▶ _Task prompt_
Look through the records, and whenever a line includes the word "database", copy it.

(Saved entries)
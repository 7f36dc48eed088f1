-- ===== src/Controller/Repeats/Tasks.antt =====
-- A task that is enqueued again under its idempotency key.
use dvk_claude.Common.{
  String, ◌≡◌, refl, ap, ◌∙◌, subst, Bool, false, Option, none, some, List, [], ◌∷◌, ◌++◌, is_empty,
  first, eq_refl, arith, Option-cases, inl, inr, if◌then◌else◌,
}
use dvk_claude.Result.{Result, ok, ◌>>=◌, Ensures, Ensures-ok, Ensures-bind}
use dvk_claude.Json.{Fields, Value, string, get}
use dvk_claude.Table.Keys.{insert-eq-ok}
use dvk_claude.Controller.Schema.{Job, Db, Env, job_key, event}
use dvk_claude.Controller.Validate.{validate_task}
use dvk_claude.Controller.Enqueue.{
  enqueue, enqueue_new, insert_job, find_by_key, text_column, same_request,
  check_project_repository, manifest_of, github_only, is_value,
}

pub first-append {ℓ} :
    {A : Type ℓ} (p : A → Bool) (xs : List A) (x : A)
    → first p xs ≡ none
    → first p (xs ++ x ∷ []) ≡ (if p x then some x else none)
unfolding first
first-append p [] x h = refl
first-append p (y ∷ ys) x h = ground (arith, first-append p ys x)

-- A job that is inserted is found by its key.
find_by_key-insert_job :
    (job : Job) (jobs new : List Job) (k : String)
    → insert_job job jobs ≡ ok new
    → job.idempotency_key ≡ some k
    → find_by_key k jobs ≡ none
    → find_by_key k new ≡ some job
unfolding insert_job find_by_key
find_by_key-insert_job job jobs new k h e n =
    let at_end = (insert-eq-ok job_key job jobs new (ground arith)).1 in
    subst (λ js. find_by_key k js ≡ some job) at_end (first-append _ jobs job n ∙ rw (e, eq_refl k))

-- The new database, as far as a later request reads it.
abbrev Remembers : String → Db → String → Db → Type 0
Remembers k db id new =
    (j : Job) × (find_by_key k new.jobs ≡ some j) × (j.job_id ≡ id) × (new.projects ≡ db.projects)

enqueue_new-Remembers :
    (env : Env) (task : Fields) (k : String) (db : Db)
    → find_by_key k db.jobs ≡ none
    → Ensures (λ r. Remembers k db r.0 r.1) (enqueue_new env task (some k) db)
unfolding enqueue_new event
enqueue_new-Remembers env task k db n = Ensures-bind _ _ λ named _. Ensures-bind _ _ λ parent _.
    Ensures-bind _ _ λ jobs e.
      Ensures-bind _ _
        λ engine _. Ensures-ok _ (_, find_by_key-insert_job _ db.jobs jobs k e refl n, refl, refl)

known :
    (k : String) (j : Job) (jobs : List Job)
    → is_empty k ≡ false
    → find_by_key k jobs ≡ some j
    → same_request (some k) jobs ≡ some j
known k j jobs n f = ground arith

unknown :
    (k : String) (jobs : List Job) → find_by_key k jobs ≡ none → same_request (some k) jobs ≡ none
unknown k jobs f = ground arith

-- The request is known: it is answered with the job of its key.
known_request :
    (env : Env) (task : Fields) (db : Db) (k : String) (j : Job)
    → validate_task env.sha256 task ≡ ok tt
    → (if is_value github_only (get "integrations" task)
        then check_project_repository task db
        else ok tt)
      ≡ ok tt
    → text_column (get "idempotency_key" task) ≡ ok (some k)
    → is_empty k ≡ false
    → find_by_key k db.jobs ≡ some j
    → enqueue env task db ≡ ok (j.job_id, db)
unfolding enqueue ◌>>=◌
known_request env task db k j v p t n f = rw (v, p, t) (ground (arith, n, f))

same_manifest :
    (v : Option Value) (db new : Db)
    → new.projects ≡ db.projects
    → manifest_of v new ≡ manifest_of v db
unfolding manifest_of
same_manifest none db new e = refl
same_manifest (some (string s)) db new e = cc
same_manifest (some v) db new e = refl

-- The checks read the projects only.
same_checks :
    (task : Fields) (db new : Db)
    → new.projects ≡ db.projects
    → check_project_repository task new ≡ check_project_repository task db
unfolding check_project_repository
same_checks task db new e = rw (same_manifest (get "project" task) db new e) refl

abbrev checks_repository : Fields → Db → Result (Unit {0})
checks_repository task db =
    if is_value github_only (get "integrations" task)
    then check_project_repository task db
    else ok tt

abbrev answer : Env → Fields → Option String → Db → Result (String × Db)
answer env task key db = elim (same_request key db.jobs) [
  | some job ↦ ok (job.job_id, db)
  | none ↦ enqueue_new env task key db
]

answer-Remembers :
    (env : Env) (task : Fields) (k : String) (db : Db)
    → is_empty k ≡ false
    → Ensures (λ r. Remembers k db r.0 r.1) (answer env task (some k) db)
answer-Remembers env task k db n = elim (Option-cases (find_by_key k db.jobs)) [
  | inl e ↦ rw (unknown k db.jobs e, answer) (enqueue_new-Remembers env task k db e)
  | inr (j, e) ↦ rw (known k j db.jobs n e, answer) (Ensures-ok _ (j, e, refl, refl))
]

checked_again :
    (task : Fields) (db new : Db)
    → new.projects ≡ db.projects
    → checks_repository task db ≡ ok tt
    → checks_repository task new ≡ ok tt
checked_again task db new e p = rw (same_checks task db new e) p

again :
    (later : Env) (task : Fields) (k : String) (db : Db) (r : String × Db)
    → validate_task later.sha256 task ≡ ok tt
    → checks_repository task db ≡ ok tt
    → text_column (get "idempotency_key" task) ≡ ok (some k)
    → is_empty k ≡ false
    → Remembers k db r.0 r.1
    → enqueue later task r.1 ≡ ok r
again later task k db (id, new) v p t n (j, f, e, ps) =
    known_request later task new k j v (checked_again task db new ps p) t n f
    ∙ ap (λ i. ok (i, new)) e

key_column :
    (task : Fields) (k : String) (key : Option String)
    → get "idempotency_key" task ≡ some (string k)
    → text_column (get "idempotency_key" task) ≡ ok key
    → some k ≡ key
unfolding text_column
key_column task k key g t = ground (arith, g, t)

-- When a task was enqueued under an idempotency key that is not empty, and the next call of the
-- controller enqueues it again, with the same hash function and whatever the clock reads, that call
-- returns the same job and leaves the database as it is.
pub enqueue-enqueue :
    (env later : Env) (task : Fields) (db : Db) (k : String)
    → later.sha256 ≡ env.sha256
    → get "idempotency_key" task ≡ some (string k)
    → is_empty k ≡ false
    → Ensures (λ r. enqueue later task r.1 ≡ ok r) (enqueue env task db)
unfolding enqueue
enqueue-enqueue env later task db k s g n = Ensures-bind _ _ λ _ v. Ensures-bind _ _ λ _ p.
    Ensures-bind _ _ λ key t. (record {
      holds = λ r h.
          let same = key_column task k key g t in
          again later task k db r (rw s v) p (rw same t) n
            ((answer-Remembers env task k db n).holds r (rw same h));
    })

▶ _Solved exercise_
-- The new database, as far as a later request reads it.
-- returns the same job and leaves the database as it is.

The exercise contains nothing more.